George H. Rose (1882-1956), a talented artist, working chiefly in water colours, kept diaries which present a vivid picture his youth spent his live sketching, going to art exhibitions and concerts, piano-playing, singing in his lodgings – and seeing Halley’s Comet. His entry for 18 May 1910 reads:
Thunderstorms nearly every night this week, owing, I believe, to Halley’s Comet which approaches nearest to the earth today. Mildred is very much alarmed at it. I, it seems, an unable to keep away from the scenes of National mourning and tonight went to watch the people passing into Westminster Hall, where the mortal remains of King Edward VII now lie in State.
Rose mentions that his companion, Mildred, was “very much alarmed” by the comet. There had been much anticipation for the comet’s arrival in the press and the belief that it was an omen did cause fear in some people, intensified by the death of King Edward VII just days before the comet arrived. It also came especially close to Earth on this occasion: so close that on 19 May 1910, Earth passed through its tail. This was the first time that the Halley’s Comet was photographed and that spectroscopic analysis could be carried out. It was also discovered that the toxic gas cyanogen was present in the tail. This led the astronomer Camille Flammarion to claim that, when Earth passed through it, this gas would lead to an end of life on Earth..
Rose, however, didn’t seem particularly impressed by the comet, writing on 23 May 1910:
The weather was grand all day, and after a visit to Robersons for some more sepia and some REED PENS I drifted to the Heath and there at last learned how to use these pens.
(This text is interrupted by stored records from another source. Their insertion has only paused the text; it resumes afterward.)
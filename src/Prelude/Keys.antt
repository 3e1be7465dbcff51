-- ===== src/Prelude/Keys.antt =====
-- Equality of lists and of optional values, from that of their elements.
use mathlib.Core.Path.{◌≡◌, refl, ap, ap₂}
use mathlib.Core.Bool.{Bool, true, false, ◌&&◌}
use mathlib.Core.Option.{Option, none, some}
use mathlib.Core.List.{List, [], ◌∷◌}
use blitze_cdn_cp.Prelude.Tests.{HasEq, ◌==◌}

-- Both halves of a conjunction of tests.
pub both : (a b : Bool) → (a && b) ≡ true → (a ≡ true) × (b ≡ true)
both true true h = (refl, refl)
both true false h = absurd (cc h)
both false b h = absurd (cc h)

abbrev pub bool_beq : Bool → Bool → Bool
bool_beq true b = b
bool_beq false true = false
bool_beq false false = true

pub bool_beq_sound : (a b : Bool) → bool_beq a b ≡ true → a ≡ b
bool_beq_sound true true h = refl
bool_beq_sound true false h = absurd (cc h)
bool_beq_sound false true h = absurd (cc h)
bool_beq_sound false false h = refl

pub bool_beq_reflexive : (a : Bool) → bool_beq a a ≡ true
bool_beq_reflexive true = refl
bool_beq_reflexive false = refl

instance abbrev pub bool_eq : HasEq Bool
bool_eq = record { test = bool_beq; sound = bool_beq_sound; reflexive = bool_beq_reflexive }

module _ {A : Type 0} ⦃has : HasEq A⦄ where
  abbrev pub list_beq : List A → List A → Bool
  list_beq [] [] = true
  list_beq [] (y ∷ ys) = false
  list_beq (x ∷ xs) [] = false
  list_beq (x ∷ xs) (y ∷ ys) = x == y && list_beq xs ys

  pub list_beq_sound : (xs ys : List A) → list_beq xs ys ≡ true → xs ≡ ys
  list_beq_sound [] [] h = refl
  list_beq_sound [] (y ∷ ys) h = absurd (cc h)
  list_beq_sound (x ∷ xs) [] h = absurd (cc h)
  list_beq_sound (x ∷ xs) (y ∷ ys) h =
      let (e, r) = both (x == y) (list_beq xs ys) h in
      ap₂ ◌∷◌ (has.sound x y e) (list_beq_sound xs ys r)

  pub list_beq_reflexive : (xs : List A) → list_beq xs xs ≡ true
  list_beq_reflexive [] = refl
  list_beq_reflexive (x ∷ xs) = rw (has.reflexive x) (list_beq_reflexive xs)

  abbrev pub option_beq : Option A → Option A → Bool
  option_beq none none = true
  option_beq none (some b) = false
  option_beq (some a) none = false
  option_beq (some a) (some b) = a == b

  pub option_beq_sound : (x y : Option A) → option_beq x y ≡ true → x ≡ y
  option_beq_sound none none h = refl
  option_beq_sound none (some b) h = absurd (cc h)
  option_beq_sound (some a) none h = absurd (cc h)
  option_beq_sound (some a) (some b) h = ap some (has.sound a b h)

  pub option_beq_reflexive : (x : Option A) → option_beq x x ≡ true
  option_beq_reflexive none = refl
  option_beq_reflexive (some a) = has.reflexive a

  instance abbrev pub list_eq : HasEq (List A)
  list_eq = record { test = list_beq; sound = list_beq_sound; reflexive = list_beq_reflexive }

  instance abbrev pub option_eq : HasEq (Option A)
  option_eq = record {
    test = option_beq;
    sound = option_beq_sound;
    reflexive = option_beq_reflexive;
  }
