-- ===== src/Sql.antt =====
-- The statements that the stores send to the database, over a table as the list of its rows in
-- insertion order: SELECT … WHERE … ORDER BY … LIMIT, UPDATE … WHERE and its row count,
-- DELETE … WHERE. Rows that an ORDER BY leaves equal stay in insertion order.
pub mod Laws
pub mod Order
pub mod Pruning
use blitze_cdn_cp.Prelude.{
  ℕ, Bool, true, false, not, List, [], ◌∷◌, length, if◌then◌else◌, ◌||◌, ◌&&◌, Option, none, some,
  String, string_eq, leb, take, ◌==◌,
}

module _ {ℓ} {A : Type ℓ} where
  unfoldable pub select_where : (A → Bool) → List A → List A
  select_where p [] = []
  select_where p (x ∷ xs) = let rest = select_where p xs in if p x then x ∷ rest else rest

  unfoldable pub update_where : (A → Bool) → (A → A) → List A → List A
  update_where p f [] = []
  update_where p f (x ∷ xs) = (if p x then f x else x) ∷ update_where p f xs

  unfoldable pub delete_where : (A → Bool) → List A → List A
  unfolding select_where
  delete_where p = select_where (λ x. not (p x))

  -- The row count of a statement with this condition.
  unfoldable pub rows_affected : (A → Bool) → List A → ℕ
  unfolding select_where
  rows_affected p xs = length (select_where p xs)

  -- Whether some row meets the condition: `bool(rowcount)`.
  unfoldable pub matches : (A → Bool) → List A → Bool
  matches p [] = false
  matches p (x ∷ xs) = p x || matches p xs

  insert_by : (A → A → Bool) → A → List A → List A
  insert_by le x [] = x ∷ []
  insert_by le x (y ∷ ys) = if le x y then x ∷ y ∷ ys else y ∷ insert_by le x ys

  unfoldable pub order_by : (A → A → Bool) → List A → List A
  unfolding insert_by
  order_by le [] = []
  order_by le (x ∷ xs) = insert_by le x (order_by le xs)

  -- `.first()`, or `session.get` with a condition on the key.
  unfoldable pub first_where : (A → Bool) → List A → Option A
  first_where p [] = none
  first_where p (x ∷ xs) = if p x then some x else first_where p xs

  -- DELETE of the finished rows, but for the newest `keep` of them: `id NOT IN (SELECT … LIMIT …)`.
  module _ (key : A → String) (finished : A → Bool) (created : A → ℕ) where
    unfoldable pub newer : A → A → Bool
    newer a b = leb (created b) (created a)

    unfoldable pub newest : ℕ → List A → List A
    unfolding newer order_by select_where
    newest keep rows = take keep (order_by newer (select_where finished rows))

    unfoldable pub surplus : ℕ → List A → A → Bool
    unfolding newest matches
    surplus keep rows r = finished r && not (matches (λ kept. key kept == key r) (newest keep rows))

    unfoldable pub drop_surplus : ℕ → List A → ℕ × List A
    unfolding surplus rows_affected delete_where
    drop_surplus keep rows =
        (rows_affected (surplus keep rows) rows, delete_where (surplus keep rows) rows)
Later after moonrise I stood among the crowd on the other side looking at the comet. There was a large crowd for such a little sight.
I remember studying Halley’s Comet at primary school when it returned in 1986. It was a very exciting topic, even though the view of the comet on this occasion wasn’t as good as in 1910. In the Colchester Hospital Radio archive – one of several hospital radio archives preserved in the Essex Sound and Video Archive – is an interview with the well-known astronomy writer, researcher, radio commentator and television presenter Patrick Moore (1923-2012). In the recording, Moore reassures listeners that a comet striking Earth would cause local damage but “so far as destroying the world was concerned, well, you might just as well try to disturb a charging hippopotamus by throwing a baked bean at it”.